╭─ PROVIDED DATA
-- ===== src/Escrow/Creation.antt =====
-- How a deal is created: when it is, and what it holds.
use sthrip.Base.{
  ◌∙◌, ℕ, ◌≡◌, ◌≢◌, ◌⊎◌, ◌+◌, none, some, Option, List, [], inl, inr, ◌∷◌, arith, true, false, refl,
  Bool, Option-cases, ==-refl, String, length, ◌<◌, sym,
}
use sthrip.Base.Int.{pos_part, neg_part, ℤ, pos, ◌-ℤ◌, ◌≤ℤ◌, ◌<ℤ◌, int_laws, parts}
use sthrip.Base.Table.{find, set, sum, All}
use sthrip.Base.Action.{ok, Raised, transact, transact-Raised}
use sthrip.Models.Parties.{xmr, audit}
use sthrip.Models.Escrow.{EscrowDeal}
use sthrip.Models.Database.{Db}
use sthrip.Ledger.Held.{counted_zero, counted-sub, held-amend}
use sthrip.Ledger.Rows.{amend, take_available, get_for_update, find_row}
use sthrip.Ledger.Balance.{available_of}
use sthrip.Accounting.{in_escrow, assets, open_amount}
use sthrip.Escrow.Repo.{new_deal}
use sthrip.Escrow.MilestoneRepo.{MilestoneTerms, milestones_from, breaks_constraint}
use sthrip.Escrow.Deals.{
  Request, terms_of, total_amount, breaks_total, multi_milestone, create_escrow,
}
use sthrip.Base.Keys.{Distinct}
use sthrip.Escrow.WellFormed.{IsWellFormed, Positive}

abbrev pub constraint_broken : Option (List MilestoneTerms) → Bool
constraint_broken none = false
constraint_broken (some ms) = breaks_constraint 1 ms

abbrev pub is_active_agent : ℕ → Db → Bool
is_active_agent agent db = elim (find agent db.agents) [ none ↦ false | some a ↦ a.is_active ]

-- What creating a deal asks of the request and the database.
abbrev pub Creatable : ℕ → Request → Db → Type 0
Creatable id r db =
    (r.buyer_id ≢ r.seller_id)
    × (pos 0 <ℤ r.amount)
    × (breaks_total r.milestones r.amount ≡ false)
    × (is_active_agent r.seller_id db ≡ true)
    × (r.amount ≤ℤ available_of r.buyer_id xmr db)
    × (find id db.deals ≡ none)
    × (constraint_broken r.milestones ≡ false)

abbrev pub with_milestones : Option (List MilestoneTerms) → EscrowDeal → EscrowDeal
with_milestones none d = d
with_milestones (some ms) d = record (multi_milestone ms d) { milestones = milestones_from 1 ms }

abbrev pub created_deal : ℕ → String → Request → EscrowDeal
created_deal now hash r = with_milestones r.milestones (new_deal now hash (terms_of r))

abbrev pub created_state : ℕ → ℕ → String → Request → Db → Db
created_state now id hash r db = record db {
  balances = amend now r.buyer_id xmr (take_available now r.amount) db.balances;
  deals = (id, created_deal now hash r) ∷ db.deals;
  journal = audit "escrow.created" (some r.buyer_id) (some id) ∷ db.journal;
}

-- Either all of `Creatable` holds, and the call returns the new deal in `created_state`, where the
-- amount is taken from the buyer's balance, or it does not, and the call raises.
pub create_escrow_outcome :
    (now id : ℕ) (hash : String) (r : Request) (db : Db)
    → (Creatable id r db
        × (create_escrow now id hash r db
            ≡ (ok (created_deal now hash r), created_state now id hash r db)))
      ⊎ ((¬ Creatable id r db) × Raised (create_escrow now id hash r db).0)
unfolding create_escrow available_of get_for_update find_row set
create_escrow_outcome now id hash r db = elim (Option-cases r.milestones) [
  | inl e ↦ ground (arith, ==-refl id)
  | inr (ms, e) ↦ ground (arith, ==-refl id)
]

open_from :
    (n : ℕ) (ms : List MilestoneTerms) → open_amount (milestones_from n ms) ≡ total_amount ms
unfolding sum milestones_from total_amount
open_from n [] = refl
open_from n (m ∷ ms) = rw (open_from (n + 1) ms)

adds_up :
    (ms : List MilestoneTerms) (x : ℤ) → breaks_total (some ms) x ≡ false → total_amount ms ≡ x
adds_up ms x h = omega (int_laws, even ms x h)
  where
    even :
        (ms : List MilestoneTerms) (x : ℤ)
        → breaks_total (some ms) x ≡ false
        → pos_part (total_amount ms) + neg_part x ≡ pos_part x + neg_part (total_amount ms)
    even ms x h = ground arith

-- The amount of a new deal leaves the buyer's balance and is in escrow.
created_state-assets :
    (u now id : ℕ) (hash : String) (r : Request) (db : Db)
    → assets u (created_state now id hash r db) ≡ assets u db
unfolding assets in_escrow sum
created_state-assets u now id hash r db =
    let taken =
      held-amend u now r.buyer_id xmr (take_available now r.amount) (pos 0 -ℤ r.amount) db.balances
        (λ b. omega int_laws) in
    elim (Option-cases r.milestones) [
      | inl e ↦ rw e (
          omega (
            int_laws,
            parts taken,
            parts (counted-sub u xmr (pos 0) r.amount),
            parts (counted_zero u xmr),
          ))
      | inr (ms, e) ↦ rw e (
          omega (
            int_laws,
            parts taken,
            parts (counted-sub u xmr (pos 0) r.amount),
            parts (counted_zero u xmr),
          ))
    ]

-- Creating a deal, in a transaction, keeps the books, also where it is refused.
pub create_escrow-assets :
    (u now id : ℕ) (hash : String) (r : Request) (db : Db)
    → assets u (transact (create_escrow now id hash r) db).1 ≡ assets u db
create_escrow-assets u now id hash r db = elim (create_escrow_outcome now id hash r db) [
  | inl (_, done) ↦ unfold transact in (rw done (created_state-assets u now id hash r db))
  | inr (_, raised) ↦ rw (transact-Raised (create_escrow now id hash r) db raised)
]

milestones_from-absent :
    (k n : ℕ) (ms : List MilestoneTerms) → k < n → find k (milestones_from n ms) ≡ none
unfolding find milestones_from
milestones_from-absent k n [] h = refl
milestones_from-absent k n (m ∷ ms) h = ground (arith, milestones_from-absent k (n + 1) ms)

milestones_from-Distinct : (n : ℕ) (ms : List MilestoneTerms) → Distinct (milestones_from n ms)
unfolding milestones_from
milestones_from-Distinct n [] = tt
milestones_from-Distinct n (m ∷ ms) =
    (milestones_from-absent n (n + 1) ms (omega arith), milestones_from-Distinct (n + 1) ms)

milestones_from-Positive :
    (n : ℕ) (ms : List MilestoneTerms)
    → breaks_constraint n ms ≡ false
    → All Positive (milestones_from n ms)
unfolding milestones_from breaks_constraint
milestones_from-Positive n [] h = tt
milestones_from-Positive n (m ∷ ms) h = ground (arith, milestones_from-Positive (n + 1) ms)

length-milestones_from :
    (n : ℕ) (ms : List MilestoneTerms) → length (milestones_from n ms) ≡ length ms
unfolding milestones_from
length-milestones_from n [] = refl
length-milestones_from n (m ∷ ms) = ground (arith, length-milestones_from (n + 1) ms)

pub created_deal-IsWellFormed :
    (now id : ℕ) (hash : String) (r : Request) (db : Db)
    → Creatable id r db
    → IsWellFormed (created_deal now hash r)
unfolding sum
created_deal-IsWellFormed now id hash r db (_, positive, adds, _, _, _, fits) =
    elim (Option-cases r.milestones) [
      | inl e ↦ rw e (record {
        rate_fits = omega arith;
        amount_positive = omega arith;
        parts_positive = tt;
        parts_distinct = tt;
        parts_counted = λ m. cc;
        parts_add_up = λ m st. cc;
      })
      | inr (ms, e) ↦ rw e (record {
        rate_fits = omega arith;
        amount_positive = omega arith;
        parts_positive = milestones_from-Positive 1 ms (rw e at fits);
        parts_distinct = milestones_from-Distinct 1 ms;
        parts_counted = λ m. sym (length-milestones_from 1 ms);
        parts_add_up = λ m st. open_from 1 ms ∙ adds_up ms r.amount (rw e at adds);
      })
    ]
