-- ===== src/Escrow/Reform.antt =====
-- The form of a deal whose status, times and milestone rows change.
use sthrip.Base.{
  ℕ, Bool, ◌≡◌, ◌≢◌, ◌+◌, some, inl, inr, arith, true, false, refl, if◌then◌else◌, Bool-cases,
  Option-cases, length,
}
use sthrip.Base.Int.{ℤ}
use sthrip.Base.Table.{Table, find, set, All, find-All, set-All}
use sthrip.Models.Milestone
use sthrip.Models.Milestone.{EscrowMilestone, MilestoneStatus}
use sthrip.Models.Escrow.{EscrowDeal, EscrowStatus}
use sthrip.Escrow.MilestoneRepo.{activated}
use sthrip.Escrow.Repo.{accepted_deal}
use sthrip.Escrow.Outcomes.{with_first_active, accepted_result}
use sthrip.Escrow.MilestoneOutcomes.{with_parts, started, ends_with, after_release}
use sthrip.Base.Keys.{Distinct, length-set, set-Distinct}
use sthrip.Escrow.WellFormed.{
  IsWellFormed, Positive, length-cancel_all, cancel_all-Distinct, cancel_all-Positive,
}

-- Rows that may stand in the place of others.
abbrev pub Replaces : Table EscrowMilestone → Table EscrowMilestone → Type 0
Replaces ms ms' = (length ms' ≡ length ms) × Distinct ms' × All Positive ms'

pub set-Replaces :
    (k : ℕ) (m m' : EscrowMilestone) (ms : Table EscrowMilestone)
    → find k ms ≡ some m
    → m'.amount ≡ m.amount
    → Distinct ms
    → All Positive ms
    → Replaces ms (set k m' ms)
set-Replaces k m m' ms e same ds ps = (
  length-set k m' ms,
  set-Distinct k m' ms ds,
  set-All Positive k m' ms ps (rw same (find-All Positive k m ms ps e)),
)

-- A deal that has left its first status, with the same terms.
pub moved-IsWellFormed :
    (d d' : EscrowDeal)
    → IsWellFormed d
    → (d'.fee_percent ≡ d.fee_percent)
      × (d'.amount ≡ d.amount)
      × (d'.is_multi_milestone ≡ d.is_multi_milestone)
      × (d'.milestone_count ≡ d.milestone_count)
    → Replaces d.milestones d'.milestones
    → d'.status ≢ EscrowStatus.created
    → IsWellFormed d'
moved-IsWellFormed d d' w (r, a, m, c) (l, ds, ps) st = record {
  rate_fits = ground (arith, w.rate_fits);
  amount_positive = ground (arith, w.amount_positive);
  parts_positive = ps;
  parts_distinct = ds;
  parts_counted = λ multi. ground (arith, w.parts_counted);
  parts_add_up = λ multi created. absurd (st created);
}

pub same-Replaces : (d : EscrowDeal) → IsWellFormed d → Replaces d.milestones d.milestones
same-Replaces d w = (refl, w.parts_distinct, w.parts_positive)

pub started-Replaces :
    (now n : ℕ) (ms : Table EscrowMilestone)
    → Distinct ms
    → All Positive ms
    → Replaces ms (started now n (find n ms) ms)
started-Replaces now n ms ds ps = elim (Option-cases (find n ms)) [
  | inl e ↦ rw e (refl, ds, ps)
  | inr (m, e) ↦ elim (Bool-cases (Milestone.is_pending m.status)) [
    | inl p ↦
        rw (e, p) (set-Replaces n m (activated now m.delivery_timeout_hours m) ms e refl ds ps)
    | inr p ↦ rw (e, p) (refl, ds, ps)
  ]
]

with_first_active-IsWellFormed :
    (now : ℕ) (d : EscrowDeal)
    → IsWellFormed d
    → d.status ≢ EscrowStatus.created
    → IsWellFormed (with_first_active now (find 1 d.milestones) d)
with_first_active-IsWellFormed now d w st = elim (Option-cases (find 1 d.milestones)) [
  | inl e ↦ rw e w
  | inr (m, e) ↦ elim (Bool-cases (Milestone.is_pending m.status)) [
    | inl p ↦
        let m' = activated now m.delivery_timeout_hours m in
        rw (e, p)
          (moved-IsWellFormed d (with_parts (set 1 m' d.milestones) d) w (refl, refl, refl, refl)
            (set-Replaces 1 m m' d.milestones e refl w.parts_distinct w.parts_positive) st)
    | inr p ↦ rw (e, p) w
  ]
]

either : {A : Type 0} (P : A → Type 0) (c : Bool) (x y : A) → P x → P y → P (if c then x else y)
either P true x y p q = p
either P false x y p q = q

pub accepted_result-IsWellFormed :
    (now : ℕ) (d : EscrowDeal) → IsWellFormed d → IsWellFormed (accepted_result now d)
accepted_result-IsWellFormed now d w =
    let d' = accepted_deal now d.delivery_timeout_hours d in
    let w' = moved-IsWellFormed d d' w (refl, refl, refl, refl) (same-Replaces d w) (λ c. cc) in
    either IsWellFormed d.is_multi_milestone (with_first_active now (find 1 d.milestones) d') d'
      (with_first_active-IsWellFormed now d' w' (λ c. cc)) w'

pub after_release-IsWellFormed :
    (now seq : ℕ) (amount fee : ℤ) (d : EscrowDeal)
    → IsWellFormed d
    → d.status ≡ EscrowStatus.accepted
    → IsWellFormed (after_release now seq amount fee d)
after_release-IsWellFormed now seq amount fee d w st = elim (Bool-cases (ends_with seq d)) [
  | inl last ↦ rw last (
      moved-IsWellFormed d _ w (refl, refl, refl, refl)
        (
          length-cancel_all now d.milestones,
          cancel_all-Distinct now d.milestones w.parts_distinct,
          cancel_all-Positive now d.milestones w.parts_positive,
        )
        (λ c. cc))
  | inr more ↦ rw more (
      moved-IsWellFormed d _ w (refl, refl, refl, refl)
        (started-Replaces now (seq + 1) d.milestones w.parts_distinct w.parts_positive) (λ c. cc))
]

-- A deal that only changes its status and times.
pub restatused-IsWellFormed :
    (d d' : EscrowDeal)
    → IsWellFormed d
    → (d'.fee_percent ≡ d.fee_percent)
      × (d'.amount ≡ d.amount)
      × (d'.is_multi_milestone ≡ d.is_multi_milestone)
      × (d'.milestone_count ≡ d.milestone_count)
    → d'.milestones ≡ d.milestones
    → d'.status ≢ EscrowStatus.created
    → IsWellFormed d'
restatused-IsWellFormed d d' w same ms st =
    moved-IsWellFormed d d' w same (rw ms (same-Replaces d w)) st

-- A deal in a later status with other rows in the place of its milestones.
pub with_parts-IsWellFormed :
    (ms : Table EscrowMilestone) (d : EscrowDeal)
    → IsWellFormed d
    → d.status ≡ EscrowStatus.accepted
    → Replaces d.milestones ms
    → IsWellFormed (with_parts ms d)
with_parts-IsWellFormed ms d w st r =
    moved-IsWellFormed d (with_parts ms d) w (refl, refl, refl, refl) r (λ c. cc)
╰─
TASK TO CARRY OUT => Give back, exactly as written, the stretch from the line with "e (refl, ds, ps)" through the line with "inl e ↦ rw e w", and no other lines from the records above.

FINISHED TASK =>
  | inl e ↦ rw e (refl, ds, ps)
  | inr (m, e) ↦ elim (Bool-cases (Milestone.is_pending m.status)) [
    | inl p ↦
        rw (e, p) (set-Replaces n m (activated now m.delivery_timeout_hours m) ms e refl ds ps)
    | inr p ↦ rw (e, p) (refl, ds, ps)
  ]
]

with_first_active-IsWellFormed :
    (now : ℕ) (d : EscrowDeal)
    → IsWellFormed d
    → d.status ≢ EscrowStatus.created
    → IsWellFormed (with_first_active now (find 1 d.milestones) d)
with_first_active-IsWellFormed now d w st = elim (Option-cases (find 1 d.milestones)) [
  | inl e ↦ rw e w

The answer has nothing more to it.